Bush Alan, Nuñez Maximiliano, Brisbin Alyssa K, Friedlander Robert M, Goldschmidt Ezequiel
1Department of Neurosurgery, University of Pittsburgh Medical Center, Pittsburgh, Pennsylvania.
2Department of Physics, FCEN, University of Buenos Aires and IFIBA-CONICET, Buenos Aires, Argentina.
J Neurosurg. 2019 Nov 22;133(6):1960-1969. doi: 10.3171/2019.9.JNS192151. Print 2020 Dec 1.
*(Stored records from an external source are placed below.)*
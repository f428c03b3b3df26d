-- ===== src/Vault/Handles.antt =====
-- The handles in a text: `vaultIdsIn` of src/core/vault.ts, whose pattern is written out class by class.
pub mod Matching
pub mod Reading
pub mod Refusing
use agent_working_memory.Base.{
  ℕ, zero, suc, ◌+◌, ◌-◌, ◌≤◌, ◌<◌, ◌≡◌, ◌≢◌, refl, sym, ap, ◌∙◌, subst, Bool, true, false, not,
  ◌&&◌, ◌||◌, Option, none, some, List, [], ◌∷◌, ◌++◌, length, take, drop, all, Text, codes,
  is_space, if◌then◌else◌, ltb, leb, ◌==◌, ==_refl, arith, Bool-cases, inl, inr, length-append,
  all-append, all_mono, and-true, ◌⊎◌,
}
use mathlib.Core.List.{append_assoc, append-nil}
use agent_working_memory.Vault.{ellipsis, handle_text, is_empty}

-- The text behind a prefix.
unfoldable pub strip_prefix : Text → Text → Option Text
strip_prefix [] s = some s
strip_prefix (p ∷ ps) [] = none
strip_prefix (p ∷ ps) (c ∷ s) = let rest = strip_prefix ps s in if p == c then rest else none

-- `[a-z_]`, `[^\s#\]]` and `[0-9a-f]`.
abbrev pub is_type_char : ℕ → Bool
is_type_char c = (leb b'a' c && leb c b'z') || (c == b'_')

abbrev pub is_tail_char : ℕ → Bool
is_tail_char c = not (is_space c) && (not (c == b'#') && not (c == b']'))

abbrev pub is_hex : ℕ → Bool
is_hex c = (leb b'0' c && leb c b'9') || (leb b'a' c && leb c b'f')

-- What a class with `*` leaves, and one with `{0,n}`.
unfoldable pub drop_while : (ℕ → Bool) → Text → Text
drop_while p [] = []
drop_while p (c ∷ s) = let rest = drop_while p s in if p c then rest else c ∷ s

unfoldable pub drop_up_to : ℕ → (ℕ → Bool) → Text → Text
drop_up_to zero p s = s
drop_up_to (suc n) p [] = []
drop_up_to (suc n) p (c ∷ s) = let rest = drop_up_to n p s in if p c then rest else c ∷ s

-- ` #([0-9a-f]{12})\]`: the id and what follows the bracket.
pub closes : Text → Text → Option (Text × Text)
closes id [] = none
closes id (c ∷ s) =
    if (c == b']') && (all is_hex id && (length id == 12)) then some (id, s) else none

pub match_id : Text → Option (Text × Text)
unfolding strip_prefix closes
match_id s = elim (strip_prefix (codes " #") s) [
  | none ↦ none
  | some t ↦ closes (take 12 t) (drop 12 t)
]

-- ` …[^\s#\]]{1,4}`, or nothing.
pub match_tail : Text → Option (Text × Text)
unfolding strip_prefix drop_up_to match_id
match_tail s = elim (strip_prefix (b' ' ∷ ellipsis ∷ []) s) [
  | none ↦ match_id s
  | some [] ↦ none
  | some (c ∷ t) ↦ if is_tail_char c then match_id (drop_up_to 3 is_tail_char t) else none
]

pub match_type : Text → Option (Text × Text)
unfolding drop_while match_tail
match_type [] = none
match_type (c ∷ s) = if is_type_char c then match_tail (drop_while is_type_char s) else none

-- The pattern at the head of a text: the id, and what follows the match. No class of the pattern
-- contains a character that may follow it there, so that nothing is tried twice.
unfoldable pub match_handle : Text → Option (Text × Text)
unfolding strip_prefix match_type
match_handle s = elim (strip_prefix (codes "[VAULT:") s) [ none ↦ none | some t ↦ match_type t ]

-- `matchAll`: the rest of a match is passed over.
unfoldable pub ids_from : ℕ → Text → List Text
unfolding match_handle
ids_from skip [] = []
ids_from (suc skip) (c ∷ s) = ids_from skip s
ids_from zero (c ∷ s) = elim (match_handle (c ∷ s)) [
  | none ↦ ids_from zero s
  | some (id, rest) ↦ id ∷ ids_from (length s - length rest) s
]

unfoldable pub vault_ids_in : Text → List Text
unfolding ids_from
vault_ids_in s = ids_from zero s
Cortical folding places regions that are separated by a large distance along the cortical surface in close proximity. This process is not homogeneous; regions such as the insular opercula have a much higher cortical surface distance (CSD) to euclidean distance (ED) than others. Here the authors explore the hypothesis that in the folded brain the CSD, and not the ED, determines regions of common irrigation, because this measure corresponds more closely with the distance along the prefolded brain, where the subarachnoid arterial vascular network starts forming.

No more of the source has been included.